Republican candidate. Doug Mastriano, who was a leader in efforts to overturn
the 2020 election in the state (and was subpoenaed by the committee), won the
Republican primary for governor. Across the country, Mr. Trump has endorsed
over 180 Republican candidates, most of whom have supported his false
stolen-election claims. This year, they have, in effect, set up a
counternarrative to the committee’s work.
To
elucidate the threat to democracy, the committee doesn’t need to wade into
overt electioneering. It simply needs to maintain a relentless focus on the
continuing threat of the Big Lie.
The
committee can do that without sacrificing bipartisanship and by maintaining
objectivity because no party has a monopoly on pro-democracy candidates, as
proved by the officials of both parties who came together to defend democracy
in 2020. In other nations where democracy has been threatened, leaders of
widely varying ideologies have set aside partisanship and joined forces against
illiberalism. The bipartisan committee and other Democrats and Republicans must
make clear the larger stakes represented by Mr. Trump’s election-denying
allies.
Finally,
the hearings should compile and make accessible as much evidence as it can to
aid federal and state prosecutors who might bring charges against possible
wrongdoers. Ultimately, it’s up to those prosecutors — most prominently at the
Justice Department and in Fulton County, Ga. — to act on the evidence. But the
committee can motivate and support them. Hearings that develop a coherent,
grounded and galvanizing narrative necessary for a successful prosecution will
help prosecutors, as well as the media and the public, to understand any
possible crimes.
If the
evidence warrants it, the committee should not shy away from transmitting
criminal referrals. Alternatively, it could share a Watergate-style “road map”
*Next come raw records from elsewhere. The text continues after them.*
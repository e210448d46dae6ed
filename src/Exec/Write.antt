-- ===== src/Exec/Write.antt =====
-- A builder that writes its buffer from the front: what is written so far, and the next write.
use microfips.Base.{
  ℕ, zero, suc, ◌+◌, ◌≤◌, ◌<◌, List, [], ◌∷◌, ◌++◌, length, drop, set, get_or, ◌≡◌, refl, arith,
}
use microfips.Base.{ap, sym, ◌∙◌, length-append, length-drop, drop_all, append-nil, append_assoc}
use microfips.Exec.Monad.{ok}
use microfips.Exec.Buffer.{copy_into, store}
use microfips.Exec.Laws.{copy_into-next, copy_into-append, drop-drop, store_lem}

-- The buffer `out` after `written` was written at its front.
abbrev pub after : List ℕ → List ℕ → List ℕ
after written out = written ++ drop (length written) out

pub next {ℓ} :
    {E : Type ℓ} (written src out : List ℕ) (a b : ℕ)
    → a ≡ length written
    → b ≡ a + length src
    → b ≤ length out
    → copy_into {E = E} (after written out) a b src ≡ ok (after (written ++ src) out)
next written src out a b ha hb fits =
    let whole = length-append written src in
    let here : length written ≡ a = sym ha in
    let there : length (written ++ src) ≡ b = omega (arith, whole) in
    rw (here, there) (copy_into-next written src out a b ha hb fits)

drop-cons : (a : ℕ) (out : List ℕ) → a < length out → drop a out ≡ get_or out a 0 ∷ drop (suc a) out
drop-cons a [] h = absurd (omega arith)
drop-cons zero (x ∷ out) h = refl
drop-cons (suc a) (x ∷ out) h = drop-cons a out (omega arith)

set-append :
    (xs : List ℕ) (y : ℕ) (ys : List ℕ) (v : ℕ)
    → set (xs ++ (y ∷ ys)) (length xs) v ≡ (xs ++ (v ∷ [])) ++ ys
set-append [] y ys v = refl
set-append (x ∷ xs) y ys v = ap (λ t. x ∷ t) (set-append xs y ys v)

-- The same for one byte.
pub next_byte {ℓ} :
    {E : Type ℓ} (written out : List ℕ) (a v : ℕ)
    → a ≡ length written
    → a < length out
    → store {E = E} (after written out) a v ≡ ok (after (written ++ (v ∷ [])) out)
next_byte written out a v ha fits =
    let whole = length-append written (drop (length written) out) in
    let there : length (written ++ (v ∷ [])) ≡ suc (length written) =
      omega (arith, length-append written (v ∷ [])) in
    store_lem (after written out) a v (omega (arith, whole, length-drop (length written) out))
    ∙ rw (ha, there, drop-cons (length written) out (omega arith))
        (ap ok
          (set-append written (get_or out (length written) 0) (drop (suc (length written)) out) v))

-- The rest of the buffer is given to a writer of its own, and written back.
pub fill_rest {ℓ} :
    {E : Type ℓ} (written src out : List ℕ) (a : ℕ)
    → a ≡ length written
    → length written + length src ≤ length out
    → copy_into {E = E}
        (after written out)
        a
        (length (after written out))
        (after src (drop (length written) out))
      ≡ ok (after (written ++ src) out)
fill_rest written src out a ha fits =
    let rest = drop (length written) out in
    let size_rest = length-drop (length written) out in
    let filled = after src rest in
    let full : length filled ≡ length rest =
      omega (arith, length-append src (drop (length src) rest), length-drop (length src) rest) in
    let total : length (written ++ src) ≡ length written + length src = length-append written src in
    rw (
      copy_into-append written rest filled a (length (after written out)) ha
          (omega (arith, full, length-append written rest)) (omega (arith, full)),
      drop_all (length filled) rest (omega (arith, full)),
      append-nil (written ++ filled),
      total,
      drop-drop (length src) (length written) out,
      append_assoc written src (drop (length written + length src) out),
    )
that could serve as a guide to the evidence without drawing legal conclusions.
Congress has amassed a mountain of information over the course of its
investigation — which includes taking over 1,000 depositions — and prosecutors
should benefit from that.
The
ultimate success of the committee rests on whether it uses the hearings to
build a partnership with American voters to see the truth of what happened on
Jan. 6, 2021, and what is still happening.
Norman
Eisen served as special counsel to the House Judiciary Committee during the
first Trump impeachment. E. Danya Perry is a former federal prosecutor and a
New York State corruption investigator.